### WHAT THE TASK ASKS
The lines from the one containing "unfolding similar ◌-ℤ◌" through the end of the entries are what to output; reproduce them exactly and add nothing.

### Stored items
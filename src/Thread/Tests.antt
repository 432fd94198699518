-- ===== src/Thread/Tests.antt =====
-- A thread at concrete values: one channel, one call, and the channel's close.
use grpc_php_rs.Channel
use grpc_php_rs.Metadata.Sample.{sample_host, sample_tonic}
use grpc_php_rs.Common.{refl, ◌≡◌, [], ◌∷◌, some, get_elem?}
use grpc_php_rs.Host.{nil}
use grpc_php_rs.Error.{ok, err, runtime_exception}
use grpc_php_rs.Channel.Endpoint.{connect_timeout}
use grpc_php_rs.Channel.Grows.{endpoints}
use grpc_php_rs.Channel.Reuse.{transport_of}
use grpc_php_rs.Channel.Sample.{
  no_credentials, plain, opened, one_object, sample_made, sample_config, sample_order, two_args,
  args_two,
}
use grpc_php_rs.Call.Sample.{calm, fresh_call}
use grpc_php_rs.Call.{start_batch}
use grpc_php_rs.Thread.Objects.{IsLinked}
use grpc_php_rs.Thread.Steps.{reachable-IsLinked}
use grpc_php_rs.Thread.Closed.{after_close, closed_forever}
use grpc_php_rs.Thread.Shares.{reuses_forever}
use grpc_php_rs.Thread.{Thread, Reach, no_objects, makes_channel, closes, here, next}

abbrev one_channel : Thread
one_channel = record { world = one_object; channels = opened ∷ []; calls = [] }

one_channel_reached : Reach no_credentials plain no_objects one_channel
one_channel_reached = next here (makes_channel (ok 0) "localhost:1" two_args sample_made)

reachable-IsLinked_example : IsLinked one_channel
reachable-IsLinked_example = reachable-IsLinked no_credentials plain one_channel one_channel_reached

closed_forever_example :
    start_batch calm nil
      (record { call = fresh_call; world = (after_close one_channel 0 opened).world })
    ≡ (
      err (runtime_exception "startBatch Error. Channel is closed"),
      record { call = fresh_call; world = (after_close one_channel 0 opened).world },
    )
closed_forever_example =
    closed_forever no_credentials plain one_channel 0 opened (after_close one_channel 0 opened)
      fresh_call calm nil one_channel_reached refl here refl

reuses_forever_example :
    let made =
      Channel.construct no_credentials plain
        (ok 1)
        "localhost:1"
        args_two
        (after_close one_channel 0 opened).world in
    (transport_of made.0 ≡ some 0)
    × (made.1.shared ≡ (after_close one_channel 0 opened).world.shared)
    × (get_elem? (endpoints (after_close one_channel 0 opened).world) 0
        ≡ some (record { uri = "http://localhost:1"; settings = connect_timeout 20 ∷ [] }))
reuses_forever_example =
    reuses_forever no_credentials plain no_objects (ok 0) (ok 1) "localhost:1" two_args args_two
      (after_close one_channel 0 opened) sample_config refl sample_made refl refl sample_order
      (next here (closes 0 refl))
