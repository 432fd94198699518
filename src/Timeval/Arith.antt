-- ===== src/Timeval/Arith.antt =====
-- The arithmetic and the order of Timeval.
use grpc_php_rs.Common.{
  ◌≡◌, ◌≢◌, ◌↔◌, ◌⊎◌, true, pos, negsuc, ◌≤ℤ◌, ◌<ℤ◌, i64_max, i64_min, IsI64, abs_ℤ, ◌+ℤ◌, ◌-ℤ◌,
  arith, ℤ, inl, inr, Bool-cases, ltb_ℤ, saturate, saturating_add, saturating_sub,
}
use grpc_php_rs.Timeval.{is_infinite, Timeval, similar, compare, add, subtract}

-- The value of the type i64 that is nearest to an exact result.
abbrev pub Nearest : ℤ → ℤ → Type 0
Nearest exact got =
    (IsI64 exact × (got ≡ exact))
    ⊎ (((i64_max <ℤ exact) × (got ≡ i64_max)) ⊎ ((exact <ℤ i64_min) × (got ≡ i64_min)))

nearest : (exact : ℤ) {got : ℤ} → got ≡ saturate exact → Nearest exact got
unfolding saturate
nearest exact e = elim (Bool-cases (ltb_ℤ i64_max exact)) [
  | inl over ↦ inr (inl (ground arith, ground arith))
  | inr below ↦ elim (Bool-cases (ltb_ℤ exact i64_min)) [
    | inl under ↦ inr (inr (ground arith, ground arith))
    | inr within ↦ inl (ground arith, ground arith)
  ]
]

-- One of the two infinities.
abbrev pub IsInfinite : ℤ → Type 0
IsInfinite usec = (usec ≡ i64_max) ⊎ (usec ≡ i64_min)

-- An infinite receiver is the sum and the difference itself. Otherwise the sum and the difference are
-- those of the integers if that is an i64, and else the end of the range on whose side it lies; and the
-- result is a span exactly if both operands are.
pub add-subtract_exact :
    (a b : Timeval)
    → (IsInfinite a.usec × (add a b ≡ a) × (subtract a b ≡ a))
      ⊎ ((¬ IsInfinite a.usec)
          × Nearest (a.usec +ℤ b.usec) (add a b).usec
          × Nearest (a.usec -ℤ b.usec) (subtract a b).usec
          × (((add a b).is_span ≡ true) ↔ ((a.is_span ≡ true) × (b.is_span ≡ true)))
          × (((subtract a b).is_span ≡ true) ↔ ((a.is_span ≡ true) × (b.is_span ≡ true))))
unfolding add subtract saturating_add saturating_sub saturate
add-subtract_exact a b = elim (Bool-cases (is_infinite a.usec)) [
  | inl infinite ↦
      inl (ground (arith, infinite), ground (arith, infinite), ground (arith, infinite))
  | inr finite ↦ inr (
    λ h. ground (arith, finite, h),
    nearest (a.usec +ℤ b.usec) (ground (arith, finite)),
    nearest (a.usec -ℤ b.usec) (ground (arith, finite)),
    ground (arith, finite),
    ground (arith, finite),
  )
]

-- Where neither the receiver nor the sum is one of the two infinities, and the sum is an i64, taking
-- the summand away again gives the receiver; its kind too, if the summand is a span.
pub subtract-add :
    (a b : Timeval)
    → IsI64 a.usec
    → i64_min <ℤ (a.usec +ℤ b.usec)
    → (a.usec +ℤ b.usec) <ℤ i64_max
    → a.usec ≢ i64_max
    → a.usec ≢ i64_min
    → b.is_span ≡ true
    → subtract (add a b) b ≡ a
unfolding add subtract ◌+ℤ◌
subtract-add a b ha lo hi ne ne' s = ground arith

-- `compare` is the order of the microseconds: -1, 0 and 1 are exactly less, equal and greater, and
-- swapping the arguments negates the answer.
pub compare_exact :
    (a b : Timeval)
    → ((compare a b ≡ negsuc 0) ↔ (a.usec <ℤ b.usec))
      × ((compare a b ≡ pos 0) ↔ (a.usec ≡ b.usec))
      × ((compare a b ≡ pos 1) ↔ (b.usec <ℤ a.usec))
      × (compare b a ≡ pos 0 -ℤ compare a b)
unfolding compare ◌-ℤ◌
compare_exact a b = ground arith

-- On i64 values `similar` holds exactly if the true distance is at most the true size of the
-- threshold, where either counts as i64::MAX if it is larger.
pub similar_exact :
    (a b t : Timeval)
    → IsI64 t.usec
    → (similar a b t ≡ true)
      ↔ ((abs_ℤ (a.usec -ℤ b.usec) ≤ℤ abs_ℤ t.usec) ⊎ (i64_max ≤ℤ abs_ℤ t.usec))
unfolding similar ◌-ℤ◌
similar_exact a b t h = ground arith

### EXERCISE ANSWER
unfolding similar ◌-ℤ◌
similar_exact a b t h = ground arith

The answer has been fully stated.